The report said Netanyahu wants to give Hirsch a prominent spot on the Likud slate as part of the party’s campaign against the justice system and law enforcement, which the prime minister has regularly lashed out at over his criminal trial on corruption charges.

Another name reportedly mentioned by Netanyahu was Ron Dermer, the Israeli ambassador to the US and longtime top aide to the prime minister, whose term in Washington is set to end next month.

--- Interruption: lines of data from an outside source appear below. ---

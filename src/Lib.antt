-- ===== src/Lib.antt =====
-- A client of the SimpleX Messaging Protocol (SMP) in Go: the package smp/, and two programs over it.
--
-- A client dials a server over TLS (smp/transport.go), whose certificate it pins, and exchanges
-- blocks of 16384 bytes with it. The two hello messages (smp/handshake.go) agree on a session and a
-- version (smp/dial.go). From then on a block carries transmissions (smp/protocol.go): each has a
-- correlation id, an entity id, an authorization, and the bytes of a command or of a server's message,
-- which the codec of smp/encoding.go writes and reads.
--
-- Base: the shared names, the numbers, Go's results and errors. An operation on an object of type S is
-- a function of S to a result and the object afterwards, also on an error (`Op S A`); a method that
-- changes its receiver is such an operation, and a do block is the code's chain of `if err != nil`.
-- An error is one of the package's error variables, or has none; the context that %w adds is kept,
-- and the numbers that the text of an error prints are not.
-- A byte is a number below 256 and a []byte is a list of them; nil is the empty list except where the
-- code tells it apart, where it is an Option. A theorem that reads a buffer from outside says that it
-- is of bytes.
--
-- Wire: smp/encoding.go. Wire/Encoder is the type Encoder (Word16 … Raw), Wire/Decoder the type
-- Decoder (need, Word16 … Tail). Its other files are the logic of parsers that the later parts use:
-- Reads (an operation reads exactly some bytes), Consumes (what a success says of the bytes read),
-- Exhausts (the same to the end of the buffer), Bounds (the position), Fields (sequences of fields).
-- Transmission: EncodeTransmission, decodeTransmission, encodeCorrID and decodeCorrID of
-- smp/protocol.go. Block: EncodeBlock and DecodeBlock. Command: the types that implement Command, and
-- EncodeCommand. Broker: the types that implement BrokerMsg, DecodeBrokerMsg and the parsers it calls.
-- Handshake: smp/handshake.go, the hello messages and NegotiateVersion.
-- Transport: smp/transport.go, WriteBlock, ReadBlock, earliestDeadline and the VerifyConnection callback
-- of DialTLS; Transport/Opening is DialTLS itself and Close. TCP and TLS are parameters that may do
-- anything with their own state; Transport/Opening.Verifies is what a theorem assumes of crypto/tls, that
-- a handshake succeeds only after the callback has returned nil.
-- Dial: smp/dial.go, and Dial of smp/client.go from an open connection on; Dial/Whole is the whole of
-- Dial, over Transport. The curve and the random numbers are parameters.
-- Channel: Go channels and the maps of channels of smp/client.go; to send on a full channel, to send on
-- a closed one and to close one twice are outcomes of their own.
-- Text: what smp/queue_uri.go uses of strings, strconv, encoding/base64 and net/url, over the bytes of a
-- string: Text/Strings (Index, LastIndex, the Trim functions), Text/Numbers (ParseUint at 16 bits and %d),
-- Text/Base64 (RawURLEncoding), Text/Query (ParseQuery, Get, Encode), and Text/Plain, the characters that
-- an encoded value stands in. A failing call is `none`.
-- Address: smp/queue_uri.go, ParseSMPQueueURI with parseHostPort, parsePortSuffix and
-- parseVersionRange, and String; all its errors are behind ErrBadQueueURI, and their texts are left out.
-- Client: smp/client.go. A definition is one critical section of the client's mutex (dispatch, Close,
-- handleReadError, the parts of send and of Subscribe), or one channel operation outside of it;
-- Client/Steps is the relation of the steps that goroutines take, in any order. Client/Requests is the
-- block that send writes; Client/Send is send from its start to its end, where the write of the block and
-- the select are parameters that may let the other goroutines take steps; Client/Closing is the whole of
-- Close, with the blocks that the reader still reads; Client/Calls is what the public methods make of
-- the result of send, and Client/Send/Calls is Ping, Send, Ack and NewQueue as a whole. Client/Subscription
-- is the whole of Subscribe, with what the other goroutines do to the client before send, in it and
-- before its last sections; Client/Subscription/Traces.IsForeign says which steps those may be. The order in which Go ranges over a map is the order of a list of which the theorems
-- assume nothing.
-- Auth: smp/auth.go, smp/auth_cb.go and smp/dh.go, over the primitives of crypto/ecdh, crypto/ed25519,
-- crypto/sha512 and nacl/secretbox as parameters; Auth/Deniable.Laws is what the theorems assume of
-- them: the sizes of a digest and of a box, and that a box opens to what was sealed and nothing else
-- opens.
-- Kozi: the program kozi-cli: its saved state (cmd/kozi-cli/state.go) and its commands
-- (cmd/kozi-cli/commands.go). Kozi/Watch is cmd/kozi-cli/proximity.go, the round of the watch and the
-- loop, which stops when the context is done and here has the number of times that the ticker fires
-- before; Kozi/Main is cmd/kozi-cli/main.go. The file system, encoding/json, strings.ToUpper,
-- crypto/sha256 and the notifier are parameters; Kozi/Main/Changes.Laws is what the theorems assume of
-- them: a file that was written reads back, JSON keeps a state of ASCII texts, ToUpper maps ASCII, and a
-- digest is of bytes. Text/Hex is hex.EncodeToString.
-- Tests: runs on small inputs.
--
-- Bounds: no fuel is needed. The loops of the code run over a list or a counter that was read. The
-- conversions to byte, uint16 and uint32 are written out as `%`. The int arithmetic of the decoder
-- stays far from its bounds: a length is at most 65535 and a position at most the length of a slice.
--
-- Not modelled: the settings of tls.Config other than the callback, which belong to crypto/tls; of the
-- programs under cmd/ what is printed, the notifications and the signals, and cmd/simplex-cli, which
-- prints one line; of smp/client.go the serialization of the writes of a block, which is the transport's.
pub mod Base
pub mod Wire
pub mod Transmission
pub mod Block
pub mod Command
pub mod Broker
pub mod Handshake
pub mod Transport
pub mod Dial
pub mod Auth
pub mod Channel
pub mod Client
pub mod Kozi
pub mod Text
pub mod Address
mod Tests
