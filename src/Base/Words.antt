-- ===== src/Base/Words.antt =====
-- encoding/binary's big-endian words.
use Prim.Native.Nat.{ℕ, ◌+◌, ◌*◌, ◌/◌, ◌%◌, ◌^◌, ◌<◌}
use mathlib.Core.Path.{◌≡◌}
use mathlib.Core.List.{[], ◌∷◌}
use native.Mathlib.Omega.{arith}
use simplex_go.Base.Lists.{Bytes, All, IsByte}

-- What AppendUint16 and AppendUint32 append.
abbrev pub be16 : ℕ → Bytes
be16 v = (v / 256 % 256) ∷ (v % 256) ∷ []

abbrev pub be32 : ℕ → Bytes
be32 v = (v / 2 ^ 24 % 256) ∷ (v / 2 ^ 16 % 256) ∷ (v / 2 ^ 8 % 256) ∷ (v % 256) ∷ []

-- BigEndian.Uint16 and Uint32. They panic on a shorter slice; their callers pass 2 and 4 bytes.
abbrev pub uint16_of : Bytes → ℕ
uint16_of (a ∷ b ∷ bs) = a * 256 + b
uint16_of _ = 0

abbrev pub uint32_of : Bytes → ℕ
uint32_of (a ∷ b ∷ c ∷ d ∷ bs) = a * 2 ^ 24 + b * 2 ^ 16 + c * 2 ^ 8 + d
uint32_of _ = 0

pub uint16_of-be16 : (v : ℕ) → v < 2 ^ 16 → uint16_of (be16 v) ≡ v
uint16_of-be16 v h = omega arith

pub uint32_of-be32 : (v : ℕ) → v < 2 ^ 32 → uint32_of (be32 v) ≡ v
uint32_of-be32 v h = omega arith

pub be16-bytes : (v : ℕ) → All IsByte (be16 v)
be16-bytes v = omega arith

pub be32-bytes : (v : ℕ) → All IsByte (be32 v)
be32-bytes v = omega arith
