-- ===== src/Base/Outcome.antt =====
-- Go's (value, error) results, and operations on an object that may fail.
use Prim.Native.String.{String}
use mathlib.Core.Path.{◌≡◌, refl}
use mathlib.Core.Logic.{◌⊎◌, inl, inr}
use simplex_go.Base.Lists.{Bytes}

-- The package's error variables.
pub data Sentinel : Type 0 where
  short_string_too_long large_string_too_long truncated bad_encoding : Sentinel
  bad_block bad_session incompatible_version : Sentinel
  large_block short_block client_closed bad_queue_uri fingerprint_mismatch : Sentinel

-- `sentinel` is an error variable, also behind `%w: …` with more text, which is left out.
-- `other` is an error with no variable; `within` is `fmt.Errorf("context: %w", err)`.
-- `broker` is an ErrMsg returned as an error: its type and detail.
pub data Error : Type 0 where
  sentinel : Sentinel → Error
  other : String → Error
  within : String → Error → Error
  broker : Bytes → Bytes → Error

pub data Result {ℓ} (A : Type ℓ) : Type ℓ where
  ok : A → Result A
  err : Error → Result A

abbrev pub wrap_result {ℓ} : {A : Type ℓ} → String → Result A → Result A
wrap_result c (ok a) = ok a
wrap_result c (err e) = err (within c e)

-- An operation on an object of type S: its result, and the object afterwards, also on an error.
abbrev pub Op {ℓ κ} : Type ℓ → Type κ → Type (ℓ ⊔ κ)
Op S A = S → Result A × S

module _ {ℓ κ} {S : Type ℓ} {A : Type κ} where
  abbrev pub pure : A → Op S A
  pure a s = (ok a, s)

  abbrev pub fail : Error → Op S A
  fail e s = (err e, s)

  -- if err != nil { return fmt.Errorf("c: %w", err) }
  abbrev pub wrap : String → Op S A → Op S A
  wrap c m s = let r = m s in (wrap_result c r.0, r.1)

abbrev pub resume {ℓ κ μ} :
    {S : Type ℓ} {A : Type κ} {B : Type μ} → Result A → S → (A → Op S B) → Result B × S
resume (ok a) s f = f a s
resume (err e) s f = (err e, s)

infixl 5 ◌>>=◌ ◌>>◌
abbrev pub ◌>>=◌ {ℓ κ μ} : {S : Type ℓ} {A : Type κ} {B : Type μ} → Op S A → (A → Op S B) → Op S B
◌>>=◌ m f s = let r = m s in resume r.0 r.1 f

abbrev pub ◌>>◌ {ℓ κ} : {S : Type ℓ} {B : Type κ} → Op S (Unit {0}) → Op S B → Op S B
m >> k = m >>= λ _. k

abbrev pub bind_result {ℓ κ} : {A : Type ℓ} {B : Type κ} → Result A → (A → Result B) → Result B
bind_result (ok a) f = f a
bind_result (err e) f = err e

pub Result-cases {ℓ} :
    {A : Type ℓ} (r : Result A) → ((a : A) × (r ≡ ok a)) ⊎ ((e : Error) × (r ≡ err e))
Result-cases (ok a) = inl (a, refl)
Result-cases (err e) = inr (e, refl)

module _ {ℓ κ μ} {S : Type ℓ} {A : Type κ} {B : Type μ} where
  resume-eq-ok :
      (r : Result A × S) (f : A → Op S B) {b : B} {s' : S}
      → resume r.0 r.1 f ≡ (ok b, s')
      → (a : A) × (s₁ : S) × (r ≡ (ok a, s₁)) × (f a s₁ ≡ (ok b, s'))
  resume-eq-ok (ok a, s₁) f e = (a, s₁, refl, e)
  resume-eq-ok (err x, s₁) f e = cc

  -- What a success of a block says of its first operation and of the rest.
  pub >>=-eq-ok :
      (m : Op S A) (f : A → Op S B) (s : S) {b : B} {s' : S}
      → (m >>= f) s ≡ (ok b, s')
      → (a : A) × (s₁ : S) × (m s ≡ (ok a, s₁)) × (f a s₁ ≡ (ok b, s'))
  >>=-eq-ok m f s e = resume-eq-ok (m s) f e

module _ {ℓ κ} {S : Type ℓ} {A : Type κ} where
  unwrap_result :
      (c : String) (r : Result A × S) {a : A} {s' : S}
      → ◌≡◌ {A = Result A × S} (wrap_result c r.0, r.1) (ok a, s')
      → r ≡ (ok a, s')
  unwrap_result c (ok a, s₁) e = e
  unwrap_result c (err x, s₁) e = cc

  pub wrap-eq-ok :
      (c : String) (m : Op S A) (s : S) {a : A} {s' : S}
      → wrap c m s ≡ (ok a, s')
      → m s ≡ (ok a, s')
  wrap-eq-ok c m s e = unwrap_result c (m s) e

pub bind_result-eq-ok {ℓ κ} :
    {A : Type ℓ} {B : Type κ} (r : Result A) (f : A → Result B) {b : B}
    → bind_result r f ≡ ok b
    → (a : A) × (r ≡ ok a) × (f a ≡ ok b)
bind_result-eq-ok (ok a) f e = (a, refl, e)
bind_result-eq-ok (err x) f e = cc

pub wrap_result-eq-ok {ℓ} :
    {A : Type ℓ} (c : String) (r : Result A) {a : A} → wrap_result c r ≡ ok a → r ≡ ok a
wrap_result-eq-ok c (ok a) e = e
wrap_result-eq-ok c (err x) e = cc
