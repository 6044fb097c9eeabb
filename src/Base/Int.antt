-- ===== src/Base/Int.antt =====
-- Go's int64 as an integer. `negsuc n` is -(n + 1).
use Prim.Native.Nat.{ℕ, ◌-◌, ◌%◌, ◌^◌, ◌<◌}
use mathlib.Core.Path.{◌≡◌}
use native.Mathlib.Omega.{arith}
use simplex_go.Base.Tests.{ltb, if◌then◌else◌}

pub data ℤ : Type 0 where
  pos : ℕ → ℤ
  negsuc : ℕ → ℤ

-- -2^63 ≤ z < 2^63
abbrev pub IsInt64 : ℤ → Type 0
IsInt64 (pos n) = n < 2 ^ 63
IsInt64 (negsuc n) = n < 2 ^ 63

-- The conversion uint64(v): the two's complement pattern of v.
unfoldable pub uint64_of : ℤ → ℕ
uint64_of (pos n) = n % 2 ^ 64
uint64_of (negsuc n) = 2 ^ 64 - 1 - n % 2 ^ 64

-- The conversion int64(w) of a uint64.
unfoldable pub int64_of : ℕ → ℤ
int64_of w = if ltb w (2 ^ 63) then pos w else negsuc (2 ^ 64 - 1 - w)

pub int64_of-uint64_of : (z : ℤ) → IsInt64 z → int64_of (uint64_of z) ≡ z
unfolding int64_of uint64_of
int64_of-uint64_of (pos n) h = ground arith
int64_of-uint64_of (negsuc n) h = ground arith

pub uint64_of-lt : (z : ℤ) → uint64_of z < 2 ^ 64
unfolding uint64_of
uint64_of-lt (pos n) = omega arith
uint64_of-lt (negsuc n) = omega arith

pub uint64_of-int64_of : (w : ℕ) → w < 2 ^ 64 → (uint64_of (int64_of w) ≡ w) × IsInt64 (int64_of w)
unfolding int64_of uint64_of
uint64_of-int64_of w h = ground arith
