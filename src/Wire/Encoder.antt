-- ===== src/Wire/Encoder.antt =====
-- The Encoder of smp/encoding.go. The conversions to byte, uint16 and uint32 are the `%` here.
use simplex_go.Base.{
  ℕ, ◌/◌, ◌%◌, ◌^◌, Bool, [], ◌∷◌, ◌++◌, Bytes, length, ltb, if◌then◌else◌, be16, be32, Result, ok,
  Op, fail, ◌>>◌, sentinel, short_string_too_long, large_string_too_long, err,
}
use simplex_go.Base.Int.{ℤ, uint64_of}

abbrev pub max_short_string : ℕ
max_short_string = 255

abbrev pub max_large_string : ℕ
max_large_string = 65535

pub record Encoder : Type 0 where
  pub buf : Bytes

abbrev pub new_encoder : Encoder
new_encoder = record { buf = [] }

-- e.buf = append(e.buf, v...)
abbrev pub append : Bytes → Op Encoder (Unit {0})
append v e = (ok tt, record { buf = e.buf ++ v })

unfoldable pub word16 : ℕ → Op Encoder (Unit {0})
word16 v = append (be16 v)

unfoldable pub word32 : ℕ → Op Encoder (Unit {0})
word32 v = append (be32 v)

unfoldable pub int64 : ℤ → Op Encoder (Unit {0})
unfolding word32
int64 v = do word32 (uint64_of v / 2 ^ 32 % 2 ^ 32); word32 (uint64_of v % 2 ^ 32)

unfoldable pub short_string : Bytes → Op Encoder (Unit {0})
short_string v =
    if ltb max_short_string (length v)
    then fail (sentinel short_string_too_long)
    else do append ((length v % 256) ∷ []); append v

unfoldable pub large : Bytes → Op Encoder (Unit {0})
unfolding word16
large v =
    if ltb max_large_string (length v)
    then fail (sentinel large_string_too_long)
    else do word16 (length v % 2 ^ 16); append v

unfoldable pub bool : Bool → Op Encoder (Unit {0})
bool v = if v then append (b'T' ∷ []) else append (b'F' ∷ [])

unfoldable pub char : ℕ → Op Encoder (Unit {0})
char c = append (c ∷ [])

unfoldable pub tail : Bytes → Op Encoder (Unit {0})
tail v = append v

unfoldable pub maybe_short_string : Bool → Bytes → Op Encoder (Unit {0})
unfolding short_string
maybe_short_string present v =
    if present then (do append (b'1' ∷ []); short_string v) else append (b'0' ∷ [])

unfoldable pub raw : Bytes → Op Encoder (Unit {0})
raw v = append v

-- e := NewEncoder(); …; return e.Bytes(), nil, or return nil, err
abbrev pub finish : Result (Unit {0}) × Encoder → Result Bytes
finish (ok _, e) = ok e.buf
finish (err x, e) = err x

abbrev pub encode : Op Encoder (Unit {0}) → Result Bytes
encode m = finish (m new_encoder)
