-- ===== src/Wire/Decoder.antt =====
-- The Decoder of smp/encoding.go. `pos + n` does not overflow Go's int: `n` is at most 65535, and
-- a slice is shorter than 2^63 - 65536.
use simplex_go.Base.{
  ℕ, ◌+◌, ◌-◌, ◌*◌, ◌^◌, Bool, true, false, Option, none, some, [], ◌∷◌, uint16_of, uint32_of, ltb,
  leb, ◌==◌, if◌then◌else◌, length, take, drop, Bytes, Result, Op, pure, fail, ◌>>=◌, truncated,
  bad_encoding, sentinel, ok,
}
use simplex_go.Base.Int.{ℤ, int64_of}

pub record Decoder : Type 0 where
  pub buf : Bytes
  pub pos : ℕ

abbrev pub new_decoder : Bytes → Decoder
new_decoder buf = record { buf = buf; pos = 0 }

-- len(d.buf) - d.pos, where `pos` is at most the length.
unfoldable pub remaining : Decoder → ℕ
remaining d = length d.buf - d.pos

unfoldable pub done : Decoder → Bool
done d = leb (length d.buf) d.pos

-- The slice d.buf[d.pos : d.pos+n].
unfoldable pub need : ℕ → Op Decoder Bytes
need n d =
    if ltb (length d.buf) (d.pos + n)
    then fail (sentinel truncated) d
    else (ok (take n (drop d.pos d.buf)), record d { pos = d.pos + n })

unfoldable pub word16 : Op Decoder ℕ
unfolding need
word16 = do b ← need 2; pure (uint16_of b)

unfoldable pub word32 : Op Decoder ℕ
unfolding need
word32 = do b ← need 4; pure (uint32_of b)

-- `uint64(hi)<<32 | uint64(lo)`: the two halves have no bit in common.
unfoldable pub int64 : Op Decoder ℤ
unfolding word32
int64 = do hi ← word32; lo ← word32; pure (int64_of (hi * 2 ^ 32 + lo))

-- b[0]
abbrev pub first : Bytes → ℕ
first [] = 0
first (b ∷ bs) = b

unfoldable pub short_string : Op Decoder Bytes
unfolding need
short_string = do lb ← need 1; need (first lb)

unfoldable pub large : Op Decoder Bytes
unfolding word16 need
large = do n ← word16; need n

unfoldable pub bool : Op Decoder Bool
unfolding need
bool = do
  b ← need 1
  if first b == b'T'
      then pure true
      else if first b == b'F'
      then pure false
      else fail (sentinel bad_encoding)

unfoldable pub char : Op Decoder ℕ
unfolding need
char = do b ← need 1; pure (first b)

unfoldable pub tail : Op Decoder Bytes
tail d = (ok (drop d.pos d.buf), record d { pos = length d.buf })

-- `none` is present = false, `some v` is present = true with v.
unfoldable pub maybe_short_string : Op Decoder (Option Bytes)
unfolding char short_string
maybe_short_string = do
  tag ← char
  if tag == b'0'
      then pure none
      else if tag == b'1'
      then short_string >>= (λ v. pure (some v))
      else fail (sentinel bad_encoding)

-- d := NewDecoder(buf), a chain of its methods, and the result of the chain.
abbrev pub decode {ℓ} : {A : Type ℓ} → Op Decoder A → Bytes → Result A
decode m buf = (m (new_decoder buf)).0
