-- ===== src/Transmission.antt =====
-- smp/protocol.go: the correlation id and the transmission, EncodeTransmission and its parser.
-- A CorrID is its 24 bytes; a nil slice and an empty one are both the empty list, since the code
-- only takes their length and their bytes.
pub mod Format
pub mod RoundTrip
pub mod Accepted
pub mod Errors
pub mod Binding
use simplex_go.Base.{
  ℕ, ltb, ◌==◌, if◌then◌else◌, replicate, Bytes, bytes_eq, Result, Op, pure, fail, wrap, ◌>>=◌,
  ◌>>◌, bind_result, bad_encoding, sentinel, ok,
}
use simplex_go.Wire.Encoder
use simplex_go.Wire.Decoder
use simplex_go.Wire.Encoder.{Encoder, encode}
use simplex_go.Wire.Decoder.{Decoder, decode}

abbrev pub version_v6 : ℕ
version_v6 = 6

abbrev pub version_v7 : ℕ
version_v7 = 7

abbrev pub version_v9 : ℕ
version_v9 = 9

abbrev pub no_corr_id : Bytes
no_corr_id = replicate 24 0

pub record Transmission : Type 0 where
  pub corr_id : Bytes
  pub entity_id : Bytes
  pub command : Bytes
  pub authorization : Bytes

unfoldable pub encode_corr_id : Bytes → Op Encoder (Unit {0})
encode_corr_id c =
    if bytes_eq c no_corr_id then Encoder.char 0x00 else (do Encoder.char 0x18; Encoder.raw c)

-- `copy(cid[:], b)` of 24 bytes over an array of 24 gives those bytes.
unfoldable pub decode_corr_id : Op Decoder Bytes
decode_corr_id = do
  tag ← wrap "corrId tag" Decoder.char
  if tag == 0x00
      then pure no_corr_id
      else if tag == 0x18
      then wrap "corrId bytes" (Decoder.need 24)
      else fail (sentinel bad_encoding)

-- The encoder `a` of EncodeTransmission.
unfoldable pub auth_fields : Bytes → Transmission → Op Encoder (Unit {0})
auth_fields sess_id t = do
  wrap "smp: auth sessId" (Encoder.short_string sess_id)
  encode_corr_id t.corr_id
  wrap "smp: auth entityId" (Encoder.short_string t.entity_id)
  Encoder.raw t.command

-- The encoder `w` of EncodeTransmission.
unfoldable pub wire_fields : ℕ → Bytes → Transmission → Op Encoder (Unit {0})
wire_fields v sess_id t = do
  wrap "smp: wire authorization" (Encoder.short_string t.authorization)
  (if ltb v version_v7 then wrap "smp: wire sessId" (Encoder.short_string sess_id) else pure tt)
  encode_corr_id t.corr_id
  wrap "smp: wire entityId" (Encoder.short_string t.entity_id)
  Encoder.raw t.command

-- wireBytes and authBytes.
unfoldable pub encode_transmission : ℕ → Bytes → Transmission → Result (Bytes × Bytes)
encode_transmission v sess_id t = bind_result (encode (auth_fields sess_id t)) λ auth_bytes.
    bind_result (encode (wire_fields v sess_id t)) λ wire_bytes. ok (wire_bytes, auth_bytes)

unfoldable pub check_session : ℕ → Bytes → Op Decoder (Unit {0})
check_session v sess_id =
    if ltb v version_v7
    then (do
      got_sess ← wrap "sessId" Decoder.short_string
      if bytes_eq got_sess sess_id then pure tt else fail (sentinel bad_encoding))
    else pure tt

unfoldable pub read_transmission : ℕ → Bytes → Op Decoder Transmission
read_transmission v sess_id = do
  auth ← wrap "authorization" Decoder.short_string
  check_session v sess_id
  cid ← decode_corr_id
  entity_id ← wrap "entityId" Decoder.short_string
  cmd ← Decoder.tail
  pure (record { corr_id = cid; entity_id = entity_id; command = cmd; authorization = auth })

unfoldable pub decode_transmission : ℕ → Bytes → Bytes → Result Transmission
decode_transmission v sess_id body = decode (read_transmission v sess_id) body
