-- ===== src/Block.antt =====
-- smp/protocol.go: EncodeBlock and DecodeBlock, several transmissions in one transport block. The
-- index of a transmission, which the code puts in the text of an error, is left out.
pub mod Format
pub mod RoundTrip
pub mod Accepted
use simplex_go.Base.{
  ℕ, zero, suc, ◌%◌, ◌^◌, List, [], ◌∷◌, ltb, if◌then◌else◌, length, Bytes, Result, Op, pure, fail,
  wrap, ◌>>=◌, ◌>>◌, bad_encoding, sentinel, other, err,
}
use simplex_go.Wire.Encoder
use simplex_go.Wire.Decoder
use simplex_go.Wire.Encoder.{Encoder, encode}
use simplex_go.Wire.Decoder.{Decoder, decode}
use simplex_go.Transmission.{Transmission, decode_transmission}

-- The loop of EncodeBlock.
unfoldable pub write_transmissions : List Bytes → Op Encoder (Unit {0})
write_transmissions [] = pure tt
write_transmissions (t ∷ ts) =
    if ltb 65535 (length t)
    then fail (other "smp: tx too large")
    else (do Encoder.word16 (length t % 2 ^ 16); Encoder.raw t; write_transmissions ts)

unfoldable pub encode_block : List Bytes → Result Bytes
encode_block ts =
    if ltb 255 (length ts)
    then err (sentinel bad_encoding)
    else encode (do Encoder.char (length ts % 256); write_transmissions ts)

-- x, err := f(…); if err != nil { return nil, err }, for a function that is no method of d.
abbrev pub lift {ℓ κ} : {S : Type ℓ} {A : Type κ} → Result A → Op S A
lift r s = (r, s)

-- The loop of DecodeBlock, with the rounds that are left.
unfoldable pub read_transmissions : ℕ → Bytes → ℕ → Op Decoder (List Transmission)
read_transmissions v sess_id zero = pure []
read_transmissions v sess_id (suc n) = do
  t_len ← wrap "smp: tx length" Decoder.word16
  body ← wrap "smp: tx body" (Decoder.need t_len)
  tx ← wrap "smp: tx" (lift (decode_transmission v sess_id body))
  out ← read_transmissions v sess_id n
  pure (tx ∷ out)

unfoldable pub decode_block : ℕ → Bytes → Bytes → Result (List Transmission)
decode_block v sess_id block =
    decode (do cnt ← wrap "smp: block count" Decoder.char; read_transmissions v sess_id cnt) block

Last year, the news site reported that Netanyahu sees Dermer and Mossad chief Yossi Cohen as his prospective successors after he bows out of political life.

Prime Minister Benjamin Netanyahu (R) with Israel’s Ambassador to the US Ron Dermer, at the president’s guesthouse, in Washington, DC, February 14, 2017. (Avi Ohayon/GPO)

According to Walla, Netanyahu was also considering helping former prime minister and Likud leader Ariel Sharon’s son Gilad Sharon secure a spot on the slate.

Sources told the news site that there had been efforts to mediate between Netanyahu and Gilad Sharon, who have had fraught relations, but Likud sources have expressed doubt over the possibility of such reconciliation.

Sharon denied the contacts and said he hasn’t recently been in touch with Netanyahu or any of his representatives.

Gilad Sharon, son of former prime minister Ariel Sharon, at a cultural event in Holon, January 28, 2017 (Flash90)

Last year, Netanyahu refused to grant an exception allowing Sharon to run in the Likud primaries, as he was several months short of the three years of membership required to be eligible to run for a post on the slate — though Minister Yoav Gallant was exempted from the requirement after defecting from the Kulanu party.

According to recent television polls, Netanyahu and his ultra-Orthodox allies will fall short of a majority in the new elections, even if the national-religious Yamina joins them, though Sa’ar also has no clear path to forming a government without Likud.

Sa’ar on Sunday night doubled down on his pledge that he would not join a Netanyahu-led government.

“I intend to replace Netanyahu… Under no scenario will I join a government led by him, because his continued rule is contrary to the good of the state and we won’t compromise on that,” Sa’ar said in an interview with Channel 13.

Elections were called last week after the power-sharing government of Likud and Blue and White failed to agree on a budget by a December 23 deadline. They are set to take place on March 23, 2021.